◆ How to complete this task:
Below are lines of data, and only some are wanted. Please repeat exactly those from the line that has "unfoldable pub delete_session" through the line that has "delete_session token s".

Records drawn from a dataset:
################
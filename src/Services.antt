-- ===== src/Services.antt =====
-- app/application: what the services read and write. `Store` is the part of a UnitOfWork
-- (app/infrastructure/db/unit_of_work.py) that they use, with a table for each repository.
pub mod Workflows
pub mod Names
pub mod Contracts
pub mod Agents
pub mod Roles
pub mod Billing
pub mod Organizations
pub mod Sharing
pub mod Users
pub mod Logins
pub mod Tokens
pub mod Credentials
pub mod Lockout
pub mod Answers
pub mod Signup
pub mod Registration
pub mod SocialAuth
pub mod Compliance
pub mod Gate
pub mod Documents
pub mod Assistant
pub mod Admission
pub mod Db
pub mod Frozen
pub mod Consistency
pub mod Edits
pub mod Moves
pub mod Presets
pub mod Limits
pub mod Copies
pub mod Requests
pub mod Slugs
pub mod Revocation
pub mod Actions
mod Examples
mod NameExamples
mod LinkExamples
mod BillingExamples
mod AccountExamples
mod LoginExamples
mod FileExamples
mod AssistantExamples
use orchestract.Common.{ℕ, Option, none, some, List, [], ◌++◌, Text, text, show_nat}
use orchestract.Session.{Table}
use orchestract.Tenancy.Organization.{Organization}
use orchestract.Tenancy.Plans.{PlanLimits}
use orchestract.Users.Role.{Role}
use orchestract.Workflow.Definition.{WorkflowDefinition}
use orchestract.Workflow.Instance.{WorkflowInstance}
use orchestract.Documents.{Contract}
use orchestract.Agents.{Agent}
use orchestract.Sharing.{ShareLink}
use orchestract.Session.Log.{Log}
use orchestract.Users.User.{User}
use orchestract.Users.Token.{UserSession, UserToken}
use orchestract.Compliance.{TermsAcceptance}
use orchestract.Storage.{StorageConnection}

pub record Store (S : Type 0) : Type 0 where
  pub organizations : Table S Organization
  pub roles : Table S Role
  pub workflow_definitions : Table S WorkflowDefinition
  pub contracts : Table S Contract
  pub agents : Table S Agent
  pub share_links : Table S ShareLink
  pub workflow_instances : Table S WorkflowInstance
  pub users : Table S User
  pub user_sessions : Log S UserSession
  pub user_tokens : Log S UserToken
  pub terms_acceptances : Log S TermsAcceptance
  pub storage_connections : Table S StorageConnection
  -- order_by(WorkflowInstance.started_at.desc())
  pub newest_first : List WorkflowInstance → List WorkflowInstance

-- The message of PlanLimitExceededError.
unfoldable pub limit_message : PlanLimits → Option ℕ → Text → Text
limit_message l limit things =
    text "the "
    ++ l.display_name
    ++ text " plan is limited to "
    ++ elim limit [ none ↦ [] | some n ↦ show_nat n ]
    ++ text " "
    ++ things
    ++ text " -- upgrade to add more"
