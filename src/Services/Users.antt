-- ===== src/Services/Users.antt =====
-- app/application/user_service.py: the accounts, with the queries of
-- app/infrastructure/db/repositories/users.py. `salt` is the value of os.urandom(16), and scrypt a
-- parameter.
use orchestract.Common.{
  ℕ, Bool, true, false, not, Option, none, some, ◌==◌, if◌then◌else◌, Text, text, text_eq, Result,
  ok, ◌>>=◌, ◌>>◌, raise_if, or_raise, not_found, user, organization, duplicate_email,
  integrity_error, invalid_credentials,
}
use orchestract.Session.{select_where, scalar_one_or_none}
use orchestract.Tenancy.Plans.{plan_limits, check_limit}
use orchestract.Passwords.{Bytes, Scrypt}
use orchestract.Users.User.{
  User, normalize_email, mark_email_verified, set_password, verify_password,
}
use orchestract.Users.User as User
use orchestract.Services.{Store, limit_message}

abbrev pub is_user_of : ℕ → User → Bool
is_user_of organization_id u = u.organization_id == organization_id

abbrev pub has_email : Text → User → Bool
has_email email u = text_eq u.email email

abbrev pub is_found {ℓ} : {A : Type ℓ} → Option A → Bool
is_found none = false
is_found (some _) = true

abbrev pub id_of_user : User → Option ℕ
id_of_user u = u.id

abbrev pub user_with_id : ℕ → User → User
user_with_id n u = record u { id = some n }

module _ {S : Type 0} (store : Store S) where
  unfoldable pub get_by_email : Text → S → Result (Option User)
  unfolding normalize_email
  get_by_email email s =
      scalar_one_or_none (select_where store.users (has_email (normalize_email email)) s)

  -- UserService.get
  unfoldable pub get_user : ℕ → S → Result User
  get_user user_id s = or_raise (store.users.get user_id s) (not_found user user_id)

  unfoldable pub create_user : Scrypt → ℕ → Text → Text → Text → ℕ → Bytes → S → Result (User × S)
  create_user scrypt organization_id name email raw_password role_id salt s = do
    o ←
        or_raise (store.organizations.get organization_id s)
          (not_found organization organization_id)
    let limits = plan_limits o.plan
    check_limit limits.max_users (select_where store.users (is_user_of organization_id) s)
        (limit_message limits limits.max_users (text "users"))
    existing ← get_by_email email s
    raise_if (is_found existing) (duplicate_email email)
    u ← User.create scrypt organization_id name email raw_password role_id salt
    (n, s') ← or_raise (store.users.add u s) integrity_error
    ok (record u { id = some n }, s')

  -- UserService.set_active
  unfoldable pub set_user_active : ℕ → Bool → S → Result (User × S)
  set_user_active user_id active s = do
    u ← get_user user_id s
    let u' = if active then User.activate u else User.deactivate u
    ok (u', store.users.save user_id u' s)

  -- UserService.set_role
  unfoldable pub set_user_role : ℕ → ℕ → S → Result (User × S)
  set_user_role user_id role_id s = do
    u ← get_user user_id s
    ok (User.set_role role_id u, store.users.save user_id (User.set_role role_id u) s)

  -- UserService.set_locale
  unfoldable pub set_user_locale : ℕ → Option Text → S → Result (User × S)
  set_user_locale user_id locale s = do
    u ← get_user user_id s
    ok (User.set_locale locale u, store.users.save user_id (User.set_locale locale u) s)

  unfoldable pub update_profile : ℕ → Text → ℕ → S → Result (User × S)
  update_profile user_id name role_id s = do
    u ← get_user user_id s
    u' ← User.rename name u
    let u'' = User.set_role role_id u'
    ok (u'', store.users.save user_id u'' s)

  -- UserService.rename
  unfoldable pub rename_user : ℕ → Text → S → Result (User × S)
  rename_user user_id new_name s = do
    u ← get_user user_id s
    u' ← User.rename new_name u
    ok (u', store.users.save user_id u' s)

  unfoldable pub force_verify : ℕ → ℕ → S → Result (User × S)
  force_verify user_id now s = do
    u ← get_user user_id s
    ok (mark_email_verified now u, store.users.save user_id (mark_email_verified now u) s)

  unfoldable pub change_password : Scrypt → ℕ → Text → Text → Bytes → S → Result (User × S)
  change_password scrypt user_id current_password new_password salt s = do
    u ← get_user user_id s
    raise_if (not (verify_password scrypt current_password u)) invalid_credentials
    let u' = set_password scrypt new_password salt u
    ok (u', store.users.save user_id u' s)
################
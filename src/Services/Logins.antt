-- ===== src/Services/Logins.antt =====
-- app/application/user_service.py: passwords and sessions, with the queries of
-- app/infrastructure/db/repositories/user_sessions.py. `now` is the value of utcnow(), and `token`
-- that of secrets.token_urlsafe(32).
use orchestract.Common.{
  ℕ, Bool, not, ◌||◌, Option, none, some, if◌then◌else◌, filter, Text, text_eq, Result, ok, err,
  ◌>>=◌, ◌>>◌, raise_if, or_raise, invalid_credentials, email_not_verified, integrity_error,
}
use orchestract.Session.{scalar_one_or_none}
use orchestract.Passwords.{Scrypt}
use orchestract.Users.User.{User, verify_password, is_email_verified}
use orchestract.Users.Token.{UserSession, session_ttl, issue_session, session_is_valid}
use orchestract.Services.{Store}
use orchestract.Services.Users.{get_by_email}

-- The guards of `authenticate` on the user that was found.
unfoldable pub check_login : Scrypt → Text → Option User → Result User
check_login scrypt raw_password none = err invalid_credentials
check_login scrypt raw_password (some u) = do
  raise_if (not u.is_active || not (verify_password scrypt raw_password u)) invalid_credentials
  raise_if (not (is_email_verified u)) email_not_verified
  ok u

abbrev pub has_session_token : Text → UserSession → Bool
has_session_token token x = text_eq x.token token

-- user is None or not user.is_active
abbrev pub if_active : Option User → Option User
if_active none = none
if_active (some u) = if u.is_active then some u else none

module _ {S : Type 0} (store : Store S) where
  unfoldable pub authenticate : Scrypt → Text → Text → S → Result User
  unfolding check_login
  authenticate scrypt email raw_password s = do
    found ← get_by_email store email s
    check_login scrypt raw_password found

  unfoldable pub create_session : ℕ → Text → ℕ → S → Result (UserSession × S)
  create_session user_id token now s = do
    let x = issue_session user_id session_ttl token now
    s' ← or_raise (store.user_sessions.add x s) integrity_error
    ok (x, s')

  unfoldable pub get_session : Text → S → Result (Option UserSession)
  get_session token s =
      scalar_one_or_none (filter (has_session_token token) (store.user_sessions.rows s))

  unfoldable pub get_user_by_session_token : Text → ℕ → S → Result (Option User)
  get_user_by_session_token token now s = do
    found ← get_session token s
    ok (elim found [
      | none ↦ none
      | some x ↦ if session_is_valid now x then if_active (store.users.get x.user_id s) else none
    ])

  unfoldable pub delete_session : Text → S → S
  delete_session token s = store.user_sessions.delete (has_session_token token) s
################
◆ Exercise solution:
  unfoldable pub delete_session : Text → S → S
  delete_session token s = store.user_sessions.delete (has_session_token token) s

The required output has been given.